### Work task
An exact transcription of the lines below, from the first through the one containing "origin_of [] = none", is the only output wanted.

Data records
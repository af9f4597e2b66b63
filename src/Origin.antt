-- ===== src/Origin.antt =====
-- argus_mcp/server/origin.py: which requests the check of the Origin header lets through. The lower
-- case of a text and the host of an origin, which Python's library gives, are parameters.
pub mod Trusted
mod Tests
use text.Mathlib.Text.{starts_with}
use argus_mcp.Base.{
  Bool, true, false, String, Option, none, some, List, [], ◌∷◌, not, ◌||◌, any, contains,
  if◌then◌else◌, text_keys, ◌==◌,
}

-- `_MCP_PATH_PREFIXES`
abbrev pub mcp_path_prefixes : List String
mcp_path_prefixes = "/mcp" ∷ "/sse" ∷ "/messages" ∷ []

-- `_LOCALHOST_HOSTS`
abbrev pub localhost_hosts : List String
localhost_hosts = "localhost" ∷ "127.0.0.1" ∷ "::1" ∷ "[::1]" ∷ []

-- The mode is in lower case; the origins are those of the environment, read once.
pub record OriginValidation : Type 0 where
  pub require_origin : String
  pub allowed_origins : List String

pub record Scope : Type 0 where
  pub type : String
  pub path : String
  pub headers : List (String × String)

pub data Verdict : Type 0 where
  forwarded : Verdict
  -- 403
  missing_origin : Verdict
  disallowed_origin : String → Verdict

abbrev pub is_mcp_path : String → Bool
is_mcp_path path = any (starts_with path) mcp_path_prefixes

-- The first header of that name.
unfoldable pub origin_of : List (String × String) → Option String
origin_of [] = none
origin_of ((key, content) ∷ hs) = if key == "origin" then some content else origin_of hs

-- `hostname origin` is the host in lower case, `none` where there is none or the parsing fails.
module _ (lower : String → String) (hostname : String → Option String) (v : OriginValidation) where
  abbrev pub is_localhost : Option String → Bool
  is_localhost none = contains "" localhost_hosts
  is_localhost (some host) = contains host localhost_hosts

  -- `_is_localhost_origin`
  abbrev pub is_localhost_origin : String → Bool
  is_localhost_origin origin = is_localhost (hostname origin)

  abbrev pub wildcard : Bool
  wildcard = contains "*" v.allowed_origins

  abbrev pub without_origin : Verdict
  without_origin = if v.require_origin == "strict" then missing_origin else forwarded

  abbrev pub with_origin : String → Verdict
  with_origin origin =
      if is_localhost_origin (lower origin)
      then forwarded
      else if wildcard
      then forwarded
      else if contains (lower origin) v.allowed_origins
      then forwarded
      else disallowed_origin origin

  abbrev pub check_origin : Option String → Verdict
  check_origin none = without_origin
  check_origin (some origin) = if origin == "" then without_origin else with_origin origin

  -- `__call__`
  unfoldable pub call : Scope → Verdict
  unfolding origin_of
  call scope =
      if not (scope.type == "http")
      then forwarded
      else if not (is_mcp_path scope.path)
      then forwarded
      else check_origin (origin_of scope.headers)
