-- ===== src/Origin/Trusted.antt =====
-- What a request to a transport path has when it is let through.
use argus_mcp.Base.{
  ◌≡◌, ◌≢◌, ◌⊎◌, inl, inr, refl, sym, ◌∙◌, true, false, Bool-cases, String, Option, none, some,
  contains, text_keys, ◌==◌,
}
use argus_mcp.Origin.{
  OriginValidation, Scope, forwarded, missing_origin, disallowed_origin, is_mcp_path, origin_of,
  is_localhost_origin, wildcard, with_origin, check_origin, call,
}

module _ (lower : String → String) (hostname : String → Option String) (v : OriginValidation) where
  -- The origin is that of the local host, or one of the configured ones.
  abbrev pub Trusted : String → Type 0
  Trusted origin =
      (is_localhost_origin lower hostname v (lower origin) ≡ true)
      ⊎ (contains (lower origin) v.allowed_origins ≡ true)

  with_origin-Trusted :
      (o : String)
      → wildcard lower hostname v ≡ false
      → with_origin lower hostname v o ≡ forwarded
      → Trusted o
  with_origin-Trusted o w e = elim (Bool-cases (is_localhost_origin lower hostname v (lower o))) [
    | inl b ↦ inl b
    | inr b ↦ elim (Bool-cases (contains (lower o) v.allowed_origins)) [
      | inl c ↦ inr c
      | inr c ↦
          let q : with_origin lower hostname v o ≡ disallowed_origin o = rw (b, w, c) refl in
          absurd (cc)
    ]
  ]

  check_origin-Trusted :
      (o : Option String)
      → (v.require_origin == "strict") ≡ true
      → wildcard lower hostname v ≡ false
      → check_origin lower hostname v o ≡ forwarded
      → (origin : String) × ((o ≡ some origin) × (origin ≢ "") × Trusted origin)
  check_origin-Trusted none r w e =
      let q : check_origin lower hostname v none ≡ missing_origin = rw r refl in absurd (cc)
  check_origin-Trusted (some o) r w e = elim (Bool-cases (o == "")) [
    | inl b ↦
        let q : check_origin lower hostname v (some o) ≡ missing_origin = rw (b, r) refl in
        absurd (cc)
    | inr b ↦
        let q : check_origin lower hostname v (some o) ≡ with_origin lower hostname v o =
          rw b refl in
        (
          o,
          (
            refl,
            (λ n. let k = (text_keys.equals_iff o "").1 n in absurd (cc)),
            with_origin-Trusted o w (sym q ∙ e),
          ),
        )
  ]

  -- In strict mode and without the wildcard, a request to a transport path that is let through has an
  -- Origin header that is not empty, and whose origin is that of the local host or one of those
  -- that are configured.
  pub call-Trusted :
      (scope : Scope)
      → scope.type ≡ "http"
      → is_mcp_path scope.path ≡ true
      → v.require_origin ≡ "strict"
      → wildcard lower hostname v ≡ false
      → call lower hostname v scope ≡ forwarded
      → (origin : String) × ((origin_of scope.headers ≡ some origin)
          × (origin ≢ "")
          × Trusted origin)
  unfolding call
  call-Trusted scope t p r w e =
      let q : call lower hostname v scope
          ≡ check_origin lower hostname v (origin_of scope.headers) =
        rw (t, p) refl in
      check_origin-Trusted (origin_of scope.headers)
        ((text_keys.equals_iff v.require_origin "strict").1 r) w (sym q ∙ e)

### Exercise result
repository af9f4597e2b66b63
filename src/Origin.antt
-- ===== src/Origin.antt =====
-- argus_mcp/server/origin.py: which requests the check of the Origin header lets through. The lower
-- case of a text and the host of an origin, which Python's library gives, are parameters.
pub mod Trusted
mod Tests
use text.Mathlib.Text.{starts_with}
use argus_mcp.Base.{
  Bool, true, false, String, Option, none, some, List, [], ◌∷◌, not, ◌||◌, any, contains,
  if◌then◌else◌, text_keys, ◌==◌,
}

-- `_MCP_PATH_PREFIXES`
abbrev pub mcp_path_prefixes : List String
mcp_path_prefixes = "/mcp" ∷ "/sse" ∷ "/messages" ∷ []

-- `_LOCALHOST_HOSTS`
abbrev pub localhost_hosts : List String
localhost_hosts = "localhost" ∷ "127.0.0.1" ∷ "::1" ∷ "[::1]" ∷ []

-- The mode is in lower case; the origins are those of the environment, read once.
pub record OriginValidation : Type 0 where
  pub require_origin : String
  pub allowed_origins : List String

pub record Scope : Type 0 where
  pub type : String
  pub path : String
  pub headers : List (String × String)

pub data Verdict : Type 0 where
  forwarded : Verdict
  -- 403
  missing_origin : Verdict
  disallowed_origin : String → Verdict

abbrev pub is_mcp_path : String → Bool
is_mcp_path path = any (starts_with path) mcp_path_prefixes

-- The first header of that name.
unfoldable pub origin_of : List (String × String) → Option String
origin_of [] = none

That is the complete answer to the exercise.